How to use UTF8 strings with Luart
By Samir Tine, updated on January 2023
Luart has native support for UTF8 strings, meaning you don't have to bother with specific modules or dependencies : just use accented characters in your Lua strings, and you're done ! In fact, this is more complex under the hood...
Lua strings are not strings !
Yes, you read that right. It could have been worthy of a shakespear play but when it comes to strings in Lua, it can turn into a nightmare if you don't pay attention with the true definition of what a string is...
Wait, what do you mean by strings are not strings ?
In Lua, strings could have been called buffers, arrays, or even containers. Indeed strings are only containers. But it does not contain characters. In fact, Lua has no idea what a character is.
So what a string contains ?
You may then wonder what the strings contain: they simply contain
bytes. Strings can therefore, in Lua, contain lots of things: an image, a digitized sound, a database ... and characters too.
This is where things get complicated: Lua considers that in strings, a single byte corresponds to a single character. This is fine as long as you are using single-byte encoded characters (as with ASCII encoding), with only 255 character possibilities.
But in the age of the Internet, when the whole world communicates in all languages, that seems rather restrictive ! Fortunately other encodings than ASCII exist, to extend the number of usable characters: UTF8, UCS 2 LE, UCS 2 BE,... They allow to encode a character over several bytes.
Multibyte characters with standard Lua
Multibytes characters can be stored in Lua strings after all, as strings in Lua contains bytes.
Yes, that's right. But it does not mean you can use them ! In fact, some functions in Lua
string module won't work as they expect to work on single byte characters.
One rule to rule them all
Lua strings functionnalities (concatenation, length calculation,
string.sub...) consider that strings contain only single byte characters : the same rule again!
Here is an example that illustrates the problem when using standard Lua (the script must have been saved with UTF8 encoding +/- BOM)

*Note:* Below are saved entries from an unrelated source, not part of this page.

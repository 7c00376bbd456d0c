-- ===== src/Resolvers/Forwarding/Sound.antt =====
-- What a cached response is: an upstream's response to the question it is stored under.
use hydra_dns.Base.{
  ◌≡◌, refl, arith, ◌∷◌, List, true, ◌&&◌, ◌==◌, Bool-cases, List-cases, inl, inr, none, some, ok,
  Option, Result-cases, Bytes, bytes_eq, bytes_eq_iff,
}
use hydra_dns.Dns.Question.{Question}
use hydra_dns.Dns.Packet.{Packet, parse_packet}
use hydra_dns.Resolvers.Answer.{Answer, answered, failed, Failure, crashed, invalid_response}
use hydra_dns.Resolvers.Message.{QuestionKey, patch_transaction_id}
use hydra_dns.Resolvers.Cache.Bounded.{IsEquality}
use hydra_dns.Resolvers.Cache.Values.{HoldsOf}
use hydra_dns.Resolvers.Forwarding.{
  Network, same_key, ForwardingResolver, normalize_question_key, equal_dns_names, match_questions,
  validate_response,
}
use hydra_dns.Resolvers.Forwarding.Query.{Inflight, alone, joined, given_up}

-- The response parses, and its first question is the one of the key, up to the case and a last dot
-- of the name.
abbrev pub AnswersQuestion : QuestionKey → Bytes → Type 0
AnswersQuestion k resp =
    (p : Packet) × (q : Question) × (qs : List Question) × (parse_packet resp ≡ ok p)
    × (p.questions ≡ q ∷ qs)
    × (equal_dns_names k.qname q.name ≡ true)
    × (k.qtype ≡ q.type)
    × (k.qclass ≡ q.class)

-- Some upstream gives these bytes in answer to some query.
abbrev pub GivenBy : {W : Type 0} → Network W → Bytes → Type 0
GivenBy {W} net resp =
    (up : Bytes) × (query : Bytes) × (w : W) × ((net.query_one up query w).0 ≡ some resp)

-- Such a response that answers the question, with the transaction id 0.
abbrev pub StoredFor : {W : Type 0} → Network W → QuestionKey → Bytes → Type 0
StoredFor net k v =
    (resp : Bytes) × (v ≡ patch_transaction_id resp 0) × GivenBy net resp × AnswersQuestion k resp

abbrev pub IsSound : {W : Type 0} → Network W → ForwardingResolver → Type 0
IsSound net f = HoldsOf (λ k v. StoredFor net k.q v) f.cache.data_map

-- Not the crash that an index out of range is.
abbrev pub IsError : Failure → Type 0
IsError crashed = ⊥
IsError _ = Unit {0}

-- A stored response, or an error.
abbrev pub IsStored : {W : Type 0} → Network W → QuestionKey → Answer → Type 0
IsStored net k (answered v o) = StoredFor net k v
IsStored net k (failed why) = IsError why

-- What another goroutine with the same key ends with.
abbrev pub InflightIsStored : {W : Type 0} → Network W → QuestionKey → Inflight → Type 0
InflightIsStored net k (joined a) = IsStored net k a
InflightIsStored net k alone = Unit {0}
InflightIsStored net k given_up = Unit {0}

pub same_key-IsEquality : IsEquality same_key
unfolding same_key
same_key-IsEquality a b = (
  λ h. ground (
    arith,
    h,
    bytes_eq_iff a.q.qname b.q.qname,
    bytes_eq_iff a.up b.up,
    Bool-cases (bytes_eq a.q.qname b.q.qname),
    Bool-cases (bytes_eq a.up b.up),
  ),
  λ h. ground (arith, h, bytes_eq_iff a.q.qname b.q.qname, bytes_eq_iff a.up b.up),
)

-- What validateResponse says of a response to a request with a question.
abbrev pub Judged : QuestionKey → Bytes → Option Failure → Type 0
Judged k resp none = AnswersQuestion k resp
Judged k resp (some why) = IsError why

-- The key of a question.
unfoldable pub key_of : Question → QuestionKey
key_of q = record { qname = q.name; qtype = q.type; qclass = q.class }

normalize_question_key_first :
    (req : Packet) (q : Question) (qs : List Question)
    → req.questions ≡ q ∷ qs
    → normalize_question_key req ≡ key_of q
unfolding normalize_question_key key_of
normalize_question_key_first req q qs e = rw (normalize_question_key, e) refl

match_questions-Judged :
    (resp : Bytes) (p : Packet) (q r : Question) (qs rs : List Question)
    → parse_packet resp ≡ ok p
    → p.questions ≡ r ∷ rs
    → Judged (key_of q) resp (match_questions (q ∷ qs) (r ∷ rs))
unfolding match_questions key_of
match_questions-Judged resp p q r qs rs parsed found =
    elim (Bool-cases (equal_dns_names q.name r.name && (q.type == r.type && q.class == r.class))) [
      | inr differs ↦ rw differs tt
      | inl same ↦
          let names : equal_dns_names q.name r.name ≡ true = ground (arith, same) in
          let types : q.type ≡ r.type = ground (arith, same) in
          let classes : q.class ≡ r.class = ground (arith, same) in
          rw same (p, r, rs, parsed, found, names, types, classes)
    ]

pub validate_response-Judged :
    (req : Packet) (resp : Bytes) (q : Question) (qs : List Question)
    → req.questions ≡ q ∷ qs
    → Judged (normalize_question_key req) resp (validate_response req resp)
unfolding validate_response match_questions
validate_response-Judged req resp q qs e = elim (Result-cases (parse_packet resp)) [
  | inr (why, refused) ↦ rw (validate_response, refused) tt
  | inl (p, parsed) ↦ elim (List-cases p.questions) [
    | inl empty ↦
        let verdict : validate_response req resp ≡ some invalid_response =
          rw (validate_response, parsed, empty) refl in
        rw verdict tt
    | inr (r, rs, found) ↦
        let verdict : validate_response req resp ≡ match_questions (q ∷ qs) (r ∷ rs) =
          rw (validate_response, parsed, found, e) refl in
        rw (verdict, normalize_question_key_first req q qs e)
          (match_questions-Judged resp p q r qs rs parsed found)
  ]
]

local summer_infrench = "été" -- outputs 5 !? print(string.len(summer_infrench)) -- pos = 3 !? pos = string.find(summer_infrench, "t"))
What's going on ?
Remember the rule : strings are considered as bytes containers. The UTF8 string "été" (means "summer" in French) is 3 characters long, but occupies 5 bytes in memory :
|é||t||é||= 3 characters|
||= 5 bytes|
That's why the function
string.len returns 5 and not 3.
The same for
string.find : The byte position of the "t" character is 3.
The standard "utf8" module
Hopefully, yes there is a workaround. Since Lua 5.3 a new
uft8module is available to help developers with UTF8 encoded strings. But this greatly complicates the use of UTF8 strings, as it uses specific functions. A kind of overlay over strings. Not very friendly : in other modern programming languages, strings are containers for characters and support natively multibytes encodings.

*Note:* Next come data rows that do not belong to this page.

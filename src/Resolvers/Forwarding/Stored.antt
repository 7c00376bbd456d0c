-- ===== src/Resolvers/Forwarding/Stored.antt =====
-- The queries to upstreams store and return only responses to the question.
use hydra_dns.Base.{
  ℕ, zero, suc, ◌+◌, ◌%◌, ◌≡◌, refl, arith, [], ◌∷◌, List, length, drop, get_or, ltb, ◌==◌,
  Bool-cases, Option-cases, inl, inr, Succeeds, Succeeds-value, Bytes, uint16_at_lem,
}
use hydra_dns.Base.Int.{ℤ}
use hydra_dns.Dns.Question.{Question}
use hydra_dns.Dns.Packet.{Packet}
use hydra_dns.Dns.Edns.{extract_opt, add_edns_to_request_bytes}
use hydra_dns.Dns.Edns.Opt.{Succeeds-extract_opt}
use hydra_dns.Resolvers.Answer.{Answer, Failure, network_error, no_upstream}
use hydra_dns.Resolvers.Message.{patch_transaction_id}
use hydra_dns.Resolvers.Cache.Values.{set-HoldsOf}
use hydra_dns.Resolvers.Decision.{analyze_cache_decision}
use hydra_dns.Resolvers.Upstreams.{can_try_upstream, mark_failed, mark_healthy}
use hydra_dns.Resolvers.Forwarding.{
  Network, CacheKey, same_key, ForwardingResolver, upstreams, normalize_question_key,
  validate_response, store_in_cache, wants_dnssec, prepare_query_bytes, find_upstream_index,
}
use hydra_dns.Resolvers.Forwarding.Query.{accept_response, query_loop, query_and_cache}
use hydra_dns.Resolvers.Forwarding.Sound.{
  GivenBy, StoredFor, IsSound, IsError, IsStored, same_key-IsEquality, validate_response-Judged,
}

store_in_cache-IsSound :
    {W : Type 0} (net : Network W) (now now' : ℕ) (key : CacheKey) (v : Bytes)
    (f : ForwardingResolver)
    → StoredFor net key.q v
    → IsSound net f
    → IsSound net (store_in_cache now now' key v f)
unfolding store_in_cache
store_in_cache-IsSound net now now' key v f p h =
    elim (Bool-cases ((analyze_cache_decision v).ttl_seconds == 0)) [
      | inl skip ↦ rw (store_in_cache, skip) h
      | inr go ↦
          rw (store_in_cache, go)
            (set-HoldsOf same_key same_key-IsEquality (λ k u. StoredFor net k.q u) now now' key v _
              _ f.cache p h)
    ]

add_edns-Succeeds :
    (req : Packet) (b : Bytes) (size : ℤ)
    → Succeeds (λ out. Unit {0}) (add_edns_to_request_bytes req b size)
unfolding add_edns_to_request_bytes
add_edns-Succeeds req b size =
    let (found, e, _) =
      Succeeds-value (λ _. Unit {0}) (extract_opt req.additionals)
        (Succeeds-extract_opt req.additionals) in
    ground (arith, e, Option-cases found, Bool-cases (ltb (length b) 12), uint16_at_lem b 10)

prepare_query_bytes-Succeeds :
    (f : ForwardingResolver) (req : Packet) (b : Bytes)
    → Succeeds (λ out. Unit {0}) (prepare_query_bytes f req b)
unfolding prepare_query_bytes
prepare_query_bytes-Succeeds f req b =
    let out = 0 ∷ 0 ∷ drop 2 b in
    let (found, e, _) =
      Succeeds-value (λ _. Unit {0}) (extract_opt req.additionals)
        (Succeeds-extract_opt req.additionals) in
    ground (
      arith,
      e,
      add_edns-Succeeds req out f.edns_udp_size,
      Bool-cases (ltb (length b) 2),
      Bool-cases f.edns_enabled,
      Bool-cases (wants_dnssec found),
    )

-- The answer is a stored response or an error, and the cache stays sound.
abbrev pub Keeps : {W : Type 0} → Network W → Packet → Answer × ForwardingResolver × W → Type 0
Keeps net req (a, f, w) = IsStored net (normalize_question_key req) a × IsSound net f

module _ {W : Type 0} (net : Network W) (key : CacheKey) (req : Packet)
    (same : key.q ≡ normalize_question_key req) (q : Question) (qs : List Question)
    (asked : req.questions ≡ q ∷ qs) where
  accept_response-Keeps :
      (resp : Bytes) (f : ForwardingResolver) (w : W)
      → GivenBy net resp
      → IsSound net f
      → Keeps net req (accept_response net key req resp f w)
  unfolding accept_response
  accept_response-Keeps resp f w given h = elim (Option-cases (validate_response req resp)) [
    | inr (why, e) ↦
        let judged = rw e at (validate_response-Judged req resp q qs asked) in
        rw (accept_response, e) (judged, h)
    | inl e ↦
        let judged = rw e at (validate_response-Judged req resp q qs asked) in
        let stored : StoredFor net (normalize_question_key req) (patch_transaction_id resp 0) =
          (resp, refl, given, judged) in
        rw (accept_response, e)
          (
            stored,
            store_in_cache-IsSound net _ _ key (patch_transaction_id resp 0) f (rw same stored) h,
          )
  ]

  query_loop-Keeps :
      (query_bytes : Bytes) (start_idx left j : ℕ) (last : Failure) (f : ForwardingResolver) (w : W)
      → IsError last
      → IsSound net f
      → Keeps net req (query_loop net key req query_bytes start_idx left j last f w)
  unfolding query_loop
  query_loop-Keeps query_bytes s zero j last f w e h = (e, h)
  query_loop-Keeps query_bytes s (suc left) j last f w e h =
      let u = get_or (upstreams f) ((s + j) % length (upstreams f)) [] in
      let failures = (can_try_upstream (net.clock w j) u f.upstream_failed_at).1 in
      let w' = (net.query_one u query_bytes w).1 in
      let after = record f { upstream_failed_at = mark_failed (net.clock w' 0) u failures } in
      let healthy = record f { upstream_failed_at = mark_healthy u failures } in
      elim (Bool-cases (net.cancelled w)) [
        | inl stop ↦ rw (query_loop, stop) (tt, h)
        | inr go ↦ elim (Bool-cases (can_try_upstream (net.clock w j) u f.upstream_failed_at).0) [
          | inr down ↦
              rw (query_loop, go, down)
                (query_loop-Keeps query_bytes s left (suc j) last
                  (record f { upstream_failed_at = failures }) w e h)
          | inl usable ↦ elim (Option-cases (net.query_one u query_bytes w).0) [
            | inl lost ↦
                rw (query_loop, go, usable, lost)
                  (query_loop-Keeps query_bytes s left (suc j) network_error after w' tt h)
            | inr (b, got) ↦
                rw (query_loop, go, usable, got)
                  (accept_response-Keeps b healthy w' (u, query_bytes, w, got) h)
          ]
        ]
      ]

  pub query_and_cache-Keeps :
      (req_bytes : Bytes) (f : ForwardingResolver) (w : W)
      → IsSound net f
      → Keeps net req (query_and_cache net key req req_bytes f w)
  unfolding query_and_cache
  query_and_cache-Keeps req_bytes f w h =
      let (query_bytes, e, _) =
        Succeeds-value (λ _. Unit {0}) (prepare_query_bytes f req req_bytes)
          (prepare_query_bytes-Succeeds f req req_bytes) in
      rw (query_and_cache, e)
        (query_loop-Keeps query_bytes (find_upstream_index f key.up) (length (upstreams f)) 0
          no_upstream f w tt h)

Here is the previous example using the
utf8 module :
local utf8 = require "utf8" local summer_infrench = "été" -- yes ! outputs 3 ! print(utf8.len(summer_infrench)) -- Still pos = 3, no solution for string.find with UTF8 strings pos = string.find(summer_infrench, "t"))
But as you can see, this module is no help when using most of the strings pattern matching functions.
If you want to use UTF8 strings with standard Lua, you will have to use a binary module dependency.
It's in Lua philosophy : if Lua lacks something, implement it using binary modules or Lua modules. Search on the net and you will find some of them. But again, for such a simple functionality, this represents a certain degree of complication especially for beginners.
Luart and multibytes character strings
Luart implements UTF8 strings natively, without any other dependencies : just use accented characters in your strings. All the modules of the runtime library supports UTF8 strings.
The string module in Luart provides specific functions for UTF8 string manipulation, prefixed by
u, such as finding and extracting substrings, and pattern matching.
Here is the previous example with Luart :
-- no need for the "utf8" module local summer_infrench = "été" -- yes ! outputs 3 ! -- string.ulen() => string.len() for UTF8 strings print(string.ulen(summer_infrench)) -- Yes, pos = 2 ! -- string.ufind() => string.find() for UTF8 strings pos = string.ufind(summer_infrench, "t")) -- You can still get string length in bytes with the # operator -- bytelen = 5 bytelen = #summer_infrench
When you use strings to store binary data, you can use the instead the Buffer object.